--- RECORDS SUPPLIED ---
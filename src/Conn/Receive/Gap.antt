-- ===== src/Conn/Receive/Gap.antt =====
-- What a publishing peer's connection does with a data packet, by the place of its number.
use streamsync.Base.{
  ℕ, ◌+◌, ◌-◌, ◌^◌, ◌<◌, ◌≤◌, ◌≡◌, refl, sym, ◌∙◌, ap, ap₂, arith, true, false, none, some, length,
  Ordering, if◌then◌else◌,
}
use streamsync.Control.Casts.{upcast_nak, build_nak}
use streamsync.Control.Numbers.{single}
use streamsync.Conn.LossList.{LossList, BinarySearch, extend_range, remove}
use streamsync.Conn.Queue
use streamsync.Conn.Receive.{count_dropped, receive, accept, handle_data}
use streamsync.Conn.Receive.Order.{
  handle_published-lost, handle_published_new, receive_late, receive_next, receive_gap,
  handle_data-published,
}
use streamsync.Conn.Rtt.{is_reachable}
use streamsync.Conn.State.{OutputSink, Connection, write_sink, timestamp, address}
use streamsync.Conn.State.Clock.{Publishes, timestamp-Publishes, timestamp-Idle}
use streamsync.Packet.{DataPacket, packet_sequence_number}
use streamsync.Packet.HeaderFields.{packet_sequence_number-lt}
use streamsync.Proto.Error.{ok, ◌>>=◌}
use streamsync.Sequence.{add_sequence, cmp_sequence}
use streamsync.Serial.Order.{cmp_near}
use streamsync.Conn.Receive.Recording.{record_gap-Recorded}

module _ {S : Type 0} (o : OutputSink S) (bs : BinarySearch) (depth now : ℕ) (p : DataPacket)
    (c : Connection S) where
  -- A packet ahead of the expected number `k`, numerically and within half the range, which
  -- was not recorded as lost, at a publishing peer, with room on the stack for as many calls as
  -- numbers are missing: the packet goes to the sink, the number after it is expected next, every
  -- number from `k` on before it is recorded as lost, and a NAK is queued ahead of the other packets
  -- if the round trip is shorter than the latency; but the NAK names `k` alone.
  pub handle_data_gap :
      Publishes c
      → remove bs (packet_sequence_number p.header) c.loss_list ≡ none
      → c.client_sequence_number < packet_sequence_number p.header
      → packet_sequence_number p.header < c.client_sequence_number + 2 ^ 30
      → packet_sequence_number p.header - c.client_sequence_number ≤ depth
      → let k = c.client_sequence_number in
        let seq = packet_sequence_number p.header in
        (c' : Connection S) × (handle_data o bs depth now p c ≡ ok c')
        × (c'.poll_state ≡ write_sink p)
        × (c'.client_sequence_number ≡ add_sequence seq 1)
        × (c'.loss_list ≡ extend_range (seq - k) k now c.loss_list)
        × (c'.queue ≡ (
            if is_reachable c.latency c.rtt
            then Queue.push_prio
                (address
                  (timestamp o now c).0
                  c.client_socket_id
                  (upcast_nak (build_nak (single k))))
                c.queue
            else c.queue))
        × Publishes c'
  unfolding accept
  handle_data_gap v fresh after near deep =
      let seq = packet_sequence_number p.header in
      let small : seq < 2 ^ 31 = packet_sequence_number-lt p.header in
      let (ts, c1) = timestamp o now c in
      let same = timestamp-Idle o now c in
      let w = timestamp-Publishes o now c v in
      let unseen : remove bs seq c1.loss_list ≡ none =
        ap (λ l. remove bs seq l) same.losses ∙ fresh in
      let later : cmp_sequence seq c1.client_sequence_number ≡ Ordering.gt =
        ap (λ (k : ℕ). cmp_sequence seq k) same.expected
        ∙ (cmp_near 31 c.client_sequence_number seq after near (omega arith)).1 in
      let (c2, e, r) =
        record_gap-Recorded depth now ts seq c1 (rw same.expected after) small
          (rw same.expected deep) in
      (
        accept false seq p c2,
        handle_data-published o bs depth now p c v
            ∙ handle_published_new bs depth now ts p c1 unseen
            ∙ receive_gap bs depth now ts p c1 seq later
            ∙ ap (λ m. m >>= λ c'. ok (accept false seq p c')) e,
        refl,
        refl,
        r.losses
            ∙ ap₂ (λ (k : ℕ) (l : LossList). extend_range (seq - k) k now l) same.expected
                same.losses,
        r.queue ∙ (λ i.
            if is_reachable (same.latency i) (same.rtt i)
            then Queue.push_prio
                (address ts (same.peer i) (upcast_nak (build_nak (single (same.expected i)))))
                (same.queue i)
            else same.queue i),
        record { sink = w.sink; mode = r.mode ∙ w.mode },
      )

  -- A packet behind the expected number that was not recorded as lost, at a publishing peer, is
  -- dropped: the sink gets nothing, and what is expected, lost and queued stays.
  pub handle_data_late :
      Publishes c
      → remove bs (packet_sequence_number p.header) c.loss_list ≡ none
      → cmp_sequence (packet_sequence_number p.header) c.client_sequence_number ≡ Ordering.lt
      → (c' : Connection S) × (handle_data o bs depth now p c ≡ ok c')
        × (c'.poll_state ≡ c.poll_state)
        × (c'.client_sequence_number ≡ c.client_sequence_number)
        × (c'.loss_list ≡ c.loss_list)
        × (c'.queue ≡ c.queue)
        × (c'.metrics ≡ count_dropped (length p.payload) c.metrics)
  handle_data_late v fresh before =
      let seq = packet_sequence_number p.header in
      let (ts, c1) = timestamp o now c in
      let same = timestamp-Idle o now c in
      let unseen : remove bs seq c1.loss_list ≡ none =
        ap (λ l. remove bs seq l) same.losses ∙ fresh in
      let late : cmp_sequence seq c1.client_sequence_number ≡ Ordering.lt =
        ap (λ (k : ℕ). cmp_sequence seq k) same.expected ∙ before in
      (
        record c1 { metrics = count_dropped (length p.payload) c1.metrics },
        handle_data-published o bs depth now p c v
            ∙ handle_published_new bs depth now ts p c1 unseen
            ∙ receive_late bs depth now ts p c1 seq late,
        same.poll_state,
        same.expected,
        same.losses,
        same.queue,
        ap (λ m. count_dropped (length p.payload) m) same.metrics,
      )

  -- The packet with the expected number, at a publishing peer, if that number was not recorded as
  -- lost: it goes to the sink, the number after it is expected next, and nothing is recorded or
  -- queued.
  pub handle_data_next :
      Publishes c
      → remove bs (packet_sequence_number p.header) c.loss_list ≡ none
      → packet_sequence_number p.header ≡ c.client_sequence_number
      → (c' : Connection S) × (handle_data o bs depth now p c ≡ ok c')
        × (c'.poll_state ≡ write_sink p)
        × (c'.client_sequence_number ≡ add_sequence c.client_sequence_number 1)
        × (c'.loss_list ≡ c.loss_list)
        × (c'.queue ≡ c.queue)
  unfolding accept
  handle_data_next v fresh exact =
      let seq = packet_sequence_number p.header in
      let (ts, c1) = timestamp o now c in
      let same = timestamp-Idle o now c in
      let unseen : remove bs seq c1.loss_list ≡ none =
        ap (λ l. remove bs seq l) same.losses ∙ fresh in
      let here : seq ≡ c1.client_sequence_number = exact ∙ sym same.expected in
      (
        accept false c1.client_sequence_number p c1,
        handle_data-published o bs depth now p c v
            ∙ handle_published_new bs depth now ts p c1 unseen
            ∙ ap (λ (k : ℕ). receive depth now ts false k p c1) here
            ∙ receive_next bs depth now ts p c1,
        refl,
        ap (λ (k : ℕ). add_sequence k 1) same.expected,
        same.losses,
        same.queue,
      )

  -- A packet whose number is in the loss list, at a publishing peer, goes to the sink, wherever its
  -- number stands; the number leaves the list, and the expected number does not move.
  pub handle_data_lost :
      (t : ℕ) (l : LossList)
      → Publishes c
      → remove bs (packet_sequence_number p.header) c.loss_list ≡ some (t, l)
      → (c' : Connection S) × (handle_data o bs depth now p c ≡ ok c')
        × (c'.poll_state ≡ write_sink p)
        × (c'.client_sequence_number ≡ c.client_sequence_number)
        × (c'.loss_list ≡ l)
        × (c'.queue ≡ c.queue)
  unfolding accept
  handle_data_lost t l v known =
      let seq = packet_sequence_number p.header in
      let (ts, c1) = timestamp o now c in
      let same = timestamp-Idle o now c in
      let seen : remove bs seq c1.loss_list ≡ some (t, l) =
        ap (λ l. remove bs seq l) same.losses ∙ known in
      (
        accept true seq p (record c1 { loss_list = l }),
        handle_data-published o bs depth now p c v
            ∙ handle_published-lost bs depth now ts p c1 t l seen,
        refl,
        same.expected,
        refl,
        same.queue,
      )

--- WHAT YOU ARE ASKED TO DO ---
Wherever the word "nothing" appears in a line of the records, count that line. Say how many there are, with no other words.

--- EXERCISE OUTPUT ---
2